This is a quick list of the structural performance problems I see in the commonly used implementations I'm familiar with. It is true that in some toy benchmarks, particularly those that eliminate startup time that Java can perform on-par with similar applications written in C and Java but for most real applications, I still believe it is anywhere from 20% to 10X slower. See these performance benchmarks. Performance tuning is one of the most time consuming phases of the development process so I view this loss of performance in the language as a loss of efficiency in the programming process, hence my desire to see these problems get fixed.
For most applications, the benefits of Java such as the safe memory model, "lazy linking" and improved standard apis far outweigh the performance loss so that makes Java a very successful language for most applications. But Java struggles to compete on the desktop, small devices where more performance control is necessary, small script level programs where startup time is dominant, and in applications with large memory requirements or where performance is critical. If you are competing on a price/performance curve with another company using a more efficient language, you may well lose in the long run with Java.
I also think that each of the major performance problems in the Java environment can be fixed though probably not without breaking some of the rules in the language spec. It is my opinion that the performance problems inherant in the Java platform are not structurally tied to the most important efficiency gains you get from using it. Instead, these performance problems are due to abstractions in the Java language which are not compatible with the implementation of these basic concepts in windows and unix.
This problem is partly address in JDK1.5 where you can generate a single shared archive for a given system which then can be shared between processes on that system. This is a good step but is still pretty limited. I think ultimately, this points to the fact that Java was not really designed to run efficiently on windows and unix and the difficulty of adding this functionality after the fact without changing the language spec may be intractable.
As far as I know, the only longterm approach Sun is taking as this point to fix this problem is to build yet another version of the virtual machine which can execute more than one application in the same physical address space. Though folks at Sun believe this is a "non-compromises" approach, I don't see how that can be really true. In a sense, this amounts to writing an OS on top of an OS which is both a complex thing, a technique that is bound to add overhead, unlikely to work with all native code without modification, and given the sharing of the virtual address space between processes I think that for some applications this will be intractable. Given all of that, how will this MVM concept become a seamless concept for users to understand?
Because the code is self-modifying, there is no single static representation of the code shared by all processes. It changes based on the code access pattern. In fact, hidden invalid references could lurk in any program waiting for the proper invalid instruction to be invoked in this model (though usually the compiler ensures these will not exist). If the JIT went and tried to compile an entire class, it could uncover linking errors that were "dormant" in the class file model. I don't know if it is spec'd or not that a "dormant" unresolveable reference must not be flagged but I do know that it is used.
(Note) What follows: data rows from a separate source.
-- ===== src/Screen/Pipeline/Reading.antt =====
-- The steps of the reader thread keep the invariant.
use cast_app.Common.{
  ◌+◌, ◌≤◌, ◌≡◌, sym, ap, ◌∙◌, Bool, true, false, List, [], ◌∷◌, ◌++◌, append_assoc, append-nil,
  arith,
}
use mathlib.Core.Path.{subst}
use cast_app.Screen.Segments.{EncodedSegment, Mp4Segmenter, feed, finish}
use cast_app.Screen.Segments.InitOnce.{inits, inits-append, budget, feed-budget, finish-budget}
use cast_app.Screen.Pipeline.{
  push_segment, ReadEvent, read_bytes, interrupted, read_failed, Pipeline, put_out, read_encoded,
  reads_next, push_next, in_hand,
}
use cast_app.Screen.Pipeline.Thinned.{
  Thinned, Thinned-refl, Thinned-trans, Thinned-append, inits-Thinned, push_segment-Thinned,
  capacity-push_segment,
}
use cast_app.Screen.Pipeline.Flowing.{on_the_way, to_come, IsFlowing}

add_end :
    (d h i out : List EncodedSegment) → (d ++ (h ++ (i ++ []))) ++ out ≡ d ++ (h ++ (i ++ out))
add_end d h i out = simp (append_assoc, append-nil)

-- New segments stand behind all that is on its way.
put_out-in_order :
    (p : Pipeline) (r : Mp4Segmenter × List EncodedSegment)
    → p.pushing ≡ []
    → (p.forwarding ≡ true → Thinned (p.earlier ++ p.produced) (on_the_way p))
    → p.forwarding ≡ true
    → Thinned (p.earlier ++ (p.produced ++ r.1)) (on_the_way (put_out r p))
put_out-in_order p (s, out) none_left_over h live =
    subst (λ a. Thinned a (on_the_way (put_out (s, out) p))) (append_assoc p.earlier p.produced out)
      (subst (Thinned ((p.earlier ++ p.produced) ++ out))
        (add_end p.delivered (in_hand p.held) p.output.items out)
        (Thinned-append
          (subst
            (λ pushing.
              Thinned (p.earlier ++ p.produced)
                (p.delivered ++ (in_hand p.held ++ (p.output.items ++ pushing))))
            none_left_over (h live))
          (Thinned-refl out)))

put_out-queued :
    (p : Pipeline) (out : List EncodedSegment)
    → inits p.output.items + inits p.pushing ≤ inits p.produced
    → inits p.output.items + inits out ≤ inits (p.produced ++ out)
put_out-queued p out h = omega (arith, inits-append p.produced out)

while_reading :
    (p : Pipeline)
    → p.reading ≡ true
    → inits p.produced + to_come p.reading p.segmenter ≤ 1
    → inits p.produced + budget p.segmenter ≤ 1
while_reading p live h =
    subst (λ reading. inits p.produced + to_come reading p.segmenter ≤ 1) live h

read_encoded-IsFlowing :
    (r : ReadEvent) (p : Pipeline)
    → p.reading ≡ true
    → p.pushing ≡ []
    → IsFlowing p
    → IsFlowing (read_encoded r p)
read_encoded-IsFlowing (read_bytes []) p live idle f = record {
  room = f.room;
  one_init = omega (
    arith,
    inits-append p.produced (finish p.segmenter).1,
    finish-budget p.segmenter,
    while_reading p live f.one_init,
  );
  queued = put_out-queued p (finish p.segmenter).1 f.queued;
  in_order = put_out-in_order p (finish p.segmenter) idle f.in_order;
}
read_encoded-IsFlowing (read_bytes (b ∷ bytes)) p live idle f = record {
  room = f.room;
  one_init =
      subst
        (λ reading.
          inits (p.produced ++ (feed p.segmenter (b ∷ bytes)).1)
            + to_come reading (feed p.segmenter (b ∷ bytes)).0
          ≤ 1)
        (sym live)
        (omega (
          arith,
          inits-append p.produced (feed p.segmenter (b ∷ bytes)).1,
          feed-budget p.segmenter (b ∷ bytes),
          while_reading p live f.one_init,
        ));
  queued = put_out-queued p (feed p.segmenter (b ∷ bytes)).1 f.queued;
  in_order = put_out-in_order p (feed p.segmenter (b ∷ bytes)) idle f.in_order;
}
read_encoded-IsFlowing interrupted p live idle f = f
read_encoded-IsFlowing read_failed p live idle f = record {
  room = f.room;
  one_init = omega (arith, f.one_init);
  queued = f.queued;
  in_order = f.in_order;
}

pub reads_next-IsFlowing :
    (reading : Bool) (pushing : List EncodedSegment) (r : ReadEvent) (p : Pipeline)
    → p.reading ≡ reading
    → p.pushing ≡ pushing
    → IsFlowing p
    → IsFlowing (reads_next reading pushing r p)
reads_next-IsFlowing true [] r p live idle f = read_encoded-IsFlowing r p live idle f
reads_next-IsFlowing true (segment ∷ segments) r p live busy f = f
reads_next-IsFlowing false pushing r p over e f = f

-- A segment moves into the queue.
moved :
    (h items pushing segments : List EncodedSegment) (segment : EncodedSegment)
    → pushing ≡ segment ∷ segments
    → h ++ (items ++ pushing) ≡ h ++ ((items ++ (segment ∷ [])) ++ segments)
moved h items pushing segments segment e =
    ap (λ t. h ++ (items ++ t)) e
    ∙ ap (λ t. h ++ t) (sym (append_assoc items (segment ∷ []) segments))

-- The counts of init segments while a segment is pushed.
one_queued :
    (p : Pipeline) (segment : EncodedSegment) (segments : List EncodedSegment)
    → p.pushing ≡ segment ∷ segments
    → IsFlowing p
    → (inits (p.output.items ++ (segment ∷ [])) ≤ 1)
      × (inits (p.output.items ++ (segment ∷ [])) + inits segments ≤ inits p.produced)
one_queued p segment segments e f =
    let pushed : inits p.pushing ≡ inits (segment ∷ []) + inits segments =
      ap inits e ∙ inits-append (segment ∷ []) segments in
    (
      omega (arith, f.queued, f.one_init, pushed, inits-append p.output.items (segment ∷ [])),
      omega (arith, f.queued, pushed, inits-append p.output.items (segment ∷ [])),
    )

pub push_next-IsFlowing :
    (pushing : List EncodedSegment) (p : Pipeline)
    → p.pushing ≡ pushing
    → IsFlowing p
    → IsFlowing (push_next pushing p)
push_next-IsFlowing [] p e f = f
push_next-IsFlowing (segment ∷ segments) p e f = record {
  room = rw (capacity-push_segment p.output segment) f.room;
  one_init = f.one_init;
  queued = omega (
    arith,
    (one_queued p segment segments e f).1,
    inits-Thinned
        (push_segment-Thinned p.output segment f.room (one_queued p segment segments e f).0),
  );
  in_order = λ live.
      let h = f.in_order live in
      Thinned-trans h (
        subst
          (λ t. Thinned (p.delivered ++ t) (
            p.delivered ++ (in_hand p.held ++ ((push_segment p.output segment).items ++ segments))))
          (sym (moved (in_hand p.held) p.output.items p.pushing segments segment e))
          (Thinned-append (Thinned-refl p.delivered) (
            Thinned-append (Thinned-refl (in_hand p.held)) (
              Thinned-append
                (push_segment-Thinned p.output segment f.room (one_queued p segment segments e f).0)
                (Thinned-refl segments)))));
}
Also self modifying code is used to invoke a method from a reference to an interface. In this case, the slot containing the method may be different from one class to the next. The instruction to invoke this method stores the "guess" at the slot index, it if matches, it is efficent but if it does not, it does a linear search through the method table. Maybe this is tuned better in the JIT? It could lead to somewhat unstable performance if you happened to switch the guess back and forth from one invocation to the next.
Instead of using dynamic code modification, you could then just insert the extra test into the code which hasn't been prelinked and avoid use of the self-modifying code altogether. Because the JLS spec's the linking behavior explicitly I don't think you can change this in a compatible way.
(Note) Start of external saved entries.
-- ===== src/Screen/Pipeline/Forwarding.antt =====
-- The steps of the forwarder thread keep the invariant.
use cast_app.Screen.Segments.InitOnce.{inits, inits-append}
use cast_app.Common.{
  ◌≡◌, refl, sym, ap, ◌∙◌, none, some, Bool, true, false, List, [], ◌∷◌, ◌++◌, append_assoc,
  if◌then◌else◌, arith, ◌≤◌,
}
use mathlib.Core.Path.{subst}
use cast_app.Util.Backpressure.{BoundedDropOldest, try_pop, tail, front}
use cast_app.Screen.Segments.{EncodedSegment, init_segment, fragment_segment}
use cast_app.Screen.Pipeline.{
  Sending, sent, full, closed, Pipeline, pop_next, forward_segment, in_hand,
}
use cast_app.Screen.Pipeline.Thinned.{Thinned, dropped, Thinned-refl, Thinned-trans, Thinned-append}
use cast_app.Screen.Pipeline.Flowing.{IsFlowing}

-- Past a stop nothing is promised of what was on its way.
halted : {P : Type 0} → false ≡ true → P
halted h = absurd (cc)

popped :
    (q : BoundedDropOldest EncodedSegment) (pushing : List EncodedSegment)
    → in_hand (try_pop q).1 ++ ((try_pop q).0.items ++ pushing) ≡ q.items ++ pushing
unfolding try_pop
popped q pushing = by_items q.items
  where
    by_items :
        (items : List EncodedSegment)
        → in_hand (front items) ++ (tail items ++ pushing) ≡ items ++ pushing
    by_items [] = refl
    by_items (segment ∷ items) = refl

inits-try_pop : (q : BoundedDropOldest EncodedSegment) → inits (try_pop q).0.items ≤ inits q.items
unfolding try_pop
inits-try_pop q = by_items q.items
  where
    by_items : (items : List EncodedSegment) → inits (tail items) ≤ inits items
    by_items [] = omega arith
    by_items (segment ∷ items) = omega (arith, inits-append (segment ∷ []) items)

capacity-try_pop : (q : BoundedDropOldest EncodedSegment) → (try_pop q).0.capacity ≡ q.capacity
unfolding try_pop
capacity-try_pop q = refl

pub pop_next-IsFlowing :
    (stop : Bool) (p : Pipeline) → p.held ≡ none → IsFlowing p → IsFlowing (pop_next stop p)
pop_next-IsFlowing true p empty f = record {
  room = f.room;
  one_init = f.one_init;
  queued = f.queued;
  in_order = halted;
}
pop_next-IsFlowing false p empty f = record {
  room = rw (capacity-try_pop p.output) f.room;
  one_init = f.one_init;
  queued = omega (arith, f.queued, inits-try_pop p.output);
  in_order = λ live.
      subst (Thinned (p.earlier ++ p.produced))
        (ap (λ held. p.delivered ++ (in_hand held ++ (p.output.items ++ p.pushing))) empty
          ∙ ap (λ t. p.delivered ++ t) (sym (popped p.output p.pushing)))
        (f.in_order live);
}

-- What is on its way without the segment in hand.
behind : Pipeline → List EncodedSegment
behind p = p.output.items ++ p.pushing

held_first :
    (p : Pipeline) (segment : EncodedSegment)
    → p.held ≡ some segment
    → IsFlowing p
    → p.forwarding ≡ true
    → Thinned (p.earlier ++ p.produced) (p.delivered ++ (segment ∷ behind p))
unfolding behind
held_first p segment e f live =
    subst
      (λ held.
        Thinned (p.earlier ++ p.produced)
          (p.delivered ++ (in_hand held ++ (p.output.items ++ p.pushing))))
      e (f.in_order live)

pub forward_segment-IsFlowing :
    (sending : Sending) (segment : EncodedSegment) (p : Pipeline)
    → p.held ≡ some segment
    → IsFlowing p
    → IsFlowing (forward_segment sending segment p)
unfolding behind
forward_segment-IsFlowing sent segment p e f = record {
  room = f.room;
  one_init = f.one_init;
  queued = f.queued;
  in_order = λ live.
      subst (Thinned (p.earlier ++ p.produced))
        (sym (append_assoc p.delivered (segment ∷ []) (behind p))) (held_first p segment e f live);
}
forward_segment-IsFlowing full (fragment_segment b) p e f = record {
  room = f.room;
  one_init = f.one_init;
  queued = f.queued;
  in_order = λ live.
      Thinned-trans (held_first p (fragment_segment b) e f live)
        (Thinned-append (Thinned-refl p.delivered) (dropped b (Thinned-refl (behind p))));
}
forward_segment-IsFlowing full (init_segment b) p e f = waits p.stop
  where
    waits : (stop : Bool) → IsFlowing (if stop then record p { forwarding = false } else p)
    waits true = record {
      room = f.room;
      one_init = f.one_init;
      queued = f.queued;
      in_order = halted;
    }
    waits false = f
forward_segment-IsFlowing closed segment p e f = record {
  room = f.room;
  one_init = f.one_init;
  queued = f.queued;
  in_order = halted;
}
As for linking errors, all errors should be reported as quickly as possible by default. Add additional rules to support known linking rules and have that invalid code print an explicit error if it gets invoked. The silent linking thing is useful for development but just plain scary for deployment.
I suppose currently you could use a real Java to native code compiler but I do not know if there is a fully general system out there which supports partial and flexible combination of compiled and dynamically linked code. This approach also costs you in portability of the distributed code and so I think breaks down there too.